-- EXERCISE DIRECTIONS --
Would you write out, word for word, each line of the records below from the top through the one holding "count p (s ∷"?

(MATERIAL FOR THIS TASK)

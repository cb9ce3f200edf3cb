-- ===== src/HealthCheck/Tests.antt =====
-- Runs of health_check.rs with the thresholds of server.rs, 3 and 2, and its properties there.
use mathlib.Core.List.{reverse}
use prismproxy.Prelude.{◌≡◌, refl, true, false, List, [], ◌∷◌, map, arith}
use prismproxy.HealthCheck.{
  Monitor, start, PingOutcome, connect_failed, send_timed_out, response, ping, upstream_health_loop,
}
use prismproxy.HealthCheck.Hysteresis.{ruled, loop-follows_rule}

abbrev three_failures : List PingOutcome
three_failures = connect_failed ∷ response 500 ∷ send_timed_out ∷ []

abbrev two_successes : List PingOutcome
two_successes = response 200 ∷ response 204 ∷ []

abbrev down : Monitor
down = record { healthy = false; consecutive_failures = 3; consecutive_successes = 0 }

outage_run : upstream_health_loop 3 2 start three_failures ≡ down
unfolding upstream_health_loop
outage_run = refl

two_failures_are_not_enough :
    (upstream_health_loop 3 2 start
      (connect_failed ∷ connect_failed ∷ response 200 ∷ connect_failed ∷ [])).healthy
    ≡ true
unfolding upstream_health_loop
two_failures_are_not_enough = refl

loop-follows_rule_example :
    upstream_health_loop 3 2 start three_failures ≡ ruled 3 2 (reverse (map ping three_failures))
loop-follows_rule_example = loop-follows_rule 3 2 three_failures (omega arith)
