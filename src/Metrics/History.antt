-- ===== src/Metrics/History.antt =====
-- What the counters of metrics.rs hold after a history of requests.
use prismproxy.Prelude.{
  ℕ, ◌+◌, ◌*◌, ◌/◌, ◌%◌, ◌^◌, ◌≤◌, ◌<◌, ◌≡◌, refl, Bool, not, ◌&&◌, List, [], ◌∷◌, arith, ◌==◌,
  if◌then◌else◌, length, All,
}
use native.Mathlib.Nat.{mod-eq_of_lt}
use prismproxy.Metrics.{Metrics, new, record_request, mean_ms}

-- One call of `record`.
pub record Sample : Type 0 where
  pub status : ℕ
  pub elapsed_ms : ℕ
  pub was_blocked : Bool

-- The calls in order; the newest is the head.
unfoldable pub after : List Sample → Metrics
after [] = new
after (s ∷ older) = record_request s.status s.elapsed_ms s.was_blocked (after older)

abbrev pub count : (Sample → Bool) → List Sample → ℕ
count p [] = 0
count p (s ∷ ss) = (if p s then 1 else 0) + count p ss

abbrev pub total_ms : List Sample → ℕ
total_ms [] = 0
total_ms (s ∷ ss) = s.elapsed_ms + total_ms ss

-- No plugin blocked the request, and the status begins with the digit `class`.
abbrev pub answered : ℕ → Sample → Bool
answered class s = not s.was_blocked && s.status / 100 == class

-- The counters as totals of the history, each modulo 2 ^ 64.
abbrev pub summary : List Sample → Metrics
summary ss = record {
  requests_total = length ss % 2 ^ 64;
  requests_2xx = count (answered 2) ss % 2 ^ 64;
  requests_4xx = count (answered 4) ss % 2 ^ 64;
  requests_5xx = count (answered 5) ss % 2 ^ 64;
  requests_blocked = count (λ s. s.was_blocked) ss % 2 ^ 64;
  response_time_ms_total = total_ms ss % 2 ^ 64;
}

record-summary :
    (s : Sample) (ss : List Sample)
    → record_request s.status s.elapsed_ms s.was_blocked (summary ss) ≡ summary (s ∷ ss)
unfolding record_request
record-summary s ss = ground arith

-- After any history of calls of `record`, in any classes and wrapping included, the six counters
-- are the totals of the history modulo 2 ^ 64: all calls, the calls that no plugin blocked by status
-- class (2xx, 4xx, 5xx), the blocked calls, and the sum of the response times.
pub after-summary : (ss : List Sample) → after ss ≡ summary ss
unfolding after
after-summary [] = refl
after-summary (s ∷ ss) = rw (after-summary ss) (record-summary s ss)

total_ms_bounds :
    (lo hi : ℕ) (ss : List Sample)
    → All (λ s. (lo ≤ s.elapsed_ms) × (s.elapsed_ms ≤ hi)) ss
    → (lo * length ss ≤ total_ms ss) × (total_ms ss ≤ hi * length ss)
total_ms_bounds lo hi [] h = (omega arith, omega arith)
total_ms_bounds lo hi (s ∷ ss) h =
    let ih = total_ms_bounds lo hi ss h.1 in
    (omega (arith, ih.0, h.0.0), omega (arith, ih.1, h.0.1))

div_bounds :
    (lo hi sum n : ℕ) → 0 < n → lo * n ≤ sum → sum ≤ hi * n → (lo ≤ sum / n) × (sum / n ≤ hi)
div_bounds lo hi sum n pos below above = (grind arith, grind arith)

mean_ms-after :
    (ss : List Sample)
    → 0 < length ss
    → length ss < 2 ^ 64
    → total_ms ss < 2 ^ 64
    → mean_ms (after ss) ≡ total_ms ss / length ss
unfolding mean_ms
mean_ms-after ss some_request few short =
    rw (after-summary ss) (rw (mod-eq_of_lt few, mod-eq_of_lt short) (ground arith))

-- While neither the number of requests nor the sum of their times has reached 2 ^ 64, the mean that
-- is shown lies between any two bounds of the recorded response times, if there is a request.
pub mean_ms_bounds :
    (lo hi : ℕ) (ss : List Sample)
    → 0 < length ss
    → length ss < 2 ^ 64
    → total_ms ss < 2 ^ 64
    → All (λ s. (lo ≤ s.elapsed_ms) × (s.elapsed_ms ≤ hi)) ss
    → (lo ≤ mean_ms (after ss)) × (mean_ms (after ss) ≤ hi)
mean_ms_bounds lo hi ss some_request few short bounds =
    let (below, above) = total_ms_bounds lo hi ss bounds in
    rw (mean_ms-after ss some_request few short)
      (div_bounds lo hi (total_ms ss) (length ss) some_request below above)
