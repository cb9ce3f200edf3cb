-- ===== src/Metrics/Interleaving.antt =====
-- Concurrent calls of metrics.rs's `record` interleave at their `fetch_add`s.
use mathlib.Core.List.{Perm, Permᴰ}
use mathlib.Core.Logic.{∥∥₁_elim}
use prismproxy.Prelude.{ℕ, ◌≡◌, refl, ◌∙◌, ap, List, [], ◌∷◌, ◌++◌, arith}
use prismproxy.Metrics.{
  Metrics, new, Counter, total, fetch_add, Update, updates, perform, record_request,
}
use prismproxy.Metrics.History.{Sample, after, summary, after-summary}

fetch_add_comm :
    (c d : Counter) (n k : ℕ) (m : Metrics)
    → fetch_add c n (fetch_add d k m) ≡ fetch_add d k (fetch_add c n m)
unfolding fetch_add
fetch_add_comm total total n k m = ground arith
fetch_add_comm _ _ n k m = ground arith

perform-Permᴰ : {us vs : List Update} → Permᴰ us vs → (m : Metrics) → perform us m ≡ perform vs m
unfolding perform
perform-Permᴰ Permᴰ.nil m = refl
perform-Permᴰ (Permᴰ.cons {a = u} {b = v} {l₁ = us} same p) m =
    ap (λ (w : Update). perform us (fetch_add w.0 w.1 m)) same
    ∙ perform-Permᴰ p (fetch_add v.0 v.1 m)
perform-Permᴰ (Permᴰ.swap {a = u} {b = v} {l = us} e f) m =
    ap (perform us) (fetch_add_comm v.0 u.0 v.1 u.1 m) ∙ cc (e, f)
perform-Permᴰ (Permᴰ.trans p q) m = perform-Permᴰ p m ∙ perform-Permᴰ q m

Metrics-set : IsSet Metrics
Metrics-set = hlevel

perform-perm : {us vs : List Update} → Perm us vs → (m : Metrics) → perform us m ≡ perform vs m
perform-perm p m = ∥∥₁_elim p (Metrics-set _ _) (λ q. perform-Permᴰ q m)

-- The `fetch_add`s of one call, and those of all the calls of a history, the oldest first.
abbrev pub updates_of : Sample → List Update
updates_of s = updates s.status s.elapsed_ms s.was_blocked

abbrev pub all_updates : List Sample → List Update
all_updates [] = []
all_updates (s ∷ ss) = all_updates ss ++ updates_of s

perform-append :
    (us vs : List Update) (m : Metrics) → perform (us ++ vs) m ≡ perform vs (perform us m)
unfolding perform
perform-append [] vs m = refl
perform-append (u ∷ us) vs m = perform-append us vs (fetch_add u.0 u.1 m)

perform-after : (ss : List Sample) → perform (all_updates ss) new ≡ after ss
unfolding perform after record_request
perform-after [] = refl
perform-after (s ∷ ss) =
    perform-append (all_updates ss) (updates_of s) new
    ∙ ap (record_request s.status s.elapsed_ms s.was_blocked) (perform-after ss)

-- Whatever the order in which the atomic steps of any number of concurrent calls of `record` take
-- effect, once all the steps are done the counters are the totals of the calls modulo 2 ^ 64: all
-- calls, those that were not blocked by class, the blocked ones, and the sum of the times.
pub interleaving-summary :
    (ss : List Sample) (us : List Update) → Perm us (all_updates ss) → perform us new ≡ summary ss
interleaving-summary ss us p = perform-perm p new ∙ perform-after ss ∙ after-summary ss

(End MATERIAL FOR THIS TASK)

-- WRITTEN SOLUTION --
repository cb9ce3f200edf3cb
-- ===== src/HealthCheck/Tests.antt =====
-- Runs of health_check.rs with the thresholds of server.rs, 3 and 2, and its properties there.
use mathlib.Core.List.{reverse}
use prismproxy.Prelude.{◌≡◌, refl, true, false, List, [], ◌∷◌, map, arith}
use prismproxy.HealthCheck.{
  Monitor, start, PingOutcome, connect_failed, send_timed_out, response, ping, upstream_health_loop,
}
use prismproxy.HealthCheck.Hysteresis.{ruled, loop-follows_rule}

abbrev three_failures : List PingOutcome
three_failures = connect_failed ∷ response 500 ∷ send_timed_out ∷ []

abbrev two_successes : List PingOutcome
two_successes = response 200 ∷ response 204 ∷ []

abbrev down : Monitor
down = record { healthy = false; consecutive_failures = 3; consecutive_successes = 0 }

outage_run : upstream_health_loop 3 2 start three_failures ≡ down
unfolding upstream_health_loop
outage_run = refl

two_failures_are_not_enough :
    (upstream_health_loop 3 2 start
      (connect_failed ∷ connect_failed ∷ response 200 ∷ connect_failed ∷ [])).healthy
    ≡ true
unfolding upstream_health_loop
two_failures_are_not_enough = refl

loop-follows_rule_example :
    upstream_health_loop 3 2 start three_failures ≡ ruled 3 2 (reverse (map ping three_failures))
loop-follows_rule_example = loop-follows_rule 3 2 three_failures (omega arith)
filename src/Metrics/History.antt
-- ===== src/Metrics/History.antt =====
-- What the counters of metrics.rs hold after a history of requests.
use prismproxy.Prelude.{
  ℕ, ◌+◌, ◌*◌, ◌/◌, ◌%◌, ◌^◌, ◌≤◌, ◌<◌, ◌≡◌, refl, Bool, not, ◌&&◌, List, [], ◌∷◌, arith, ◌==◌,
  if◌then◌else◌, length, All,
}
use native.Mathlib.Nat.{mod-eq_of_lt}
use prismproxy.Metrics.{Metrics, new, record_request, mean_ms}

-- One call of `record`.
pub record Sample : Type 0 where
  pub status : ℕ
  pub elapsed_ms : ℕ
  pub was_blocked : Bool

-- The calls in order; the newest is the head.
unfoldable pub after : List Sample → Metrics
after [] = new
after (s ∷ older) = record_request s.status s.elapsed_ms s.was_blocked (after older)

abbrev pub count : (Sample → Bool) → List Sample → ℕ
count p [] = 0
count p (s ∷ ss) = (if p s then 1 else 0) + count p ss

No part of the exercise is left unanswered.